Dataset entries
^^^^

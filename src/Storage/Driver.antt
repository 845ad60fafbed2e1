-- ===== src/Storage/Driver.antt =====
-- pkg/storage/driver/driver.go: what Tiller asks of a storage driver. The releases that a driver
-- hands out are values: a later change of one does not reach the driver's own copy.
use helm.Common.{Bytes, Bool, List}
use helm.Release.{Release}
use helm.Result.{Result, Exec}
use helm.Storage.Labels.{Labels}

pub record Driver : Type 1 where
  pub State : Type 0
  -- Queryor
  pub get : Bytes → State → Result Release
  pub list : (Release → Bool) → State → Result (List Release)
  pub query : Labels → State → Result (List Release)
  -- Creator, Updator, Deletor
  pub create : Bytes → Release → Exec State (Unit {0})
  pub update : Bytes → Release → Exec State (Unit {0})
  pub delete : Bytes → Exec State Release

^^^^

#### PROBLEM TO WORK ON:
Would you copy out every line in the records that includes the string "Bytes"?

#### YOUR RESPONSE:
use helm.Common.{Bytes, Bool, List}
  pub get : Bytes → State → Result Release
  pub create : Bytes → Release → Exec State (Unit {0})
  pub update : Bytes → Release → Exec State (Unit {0})
  pub delete : Bytes → Exec State Release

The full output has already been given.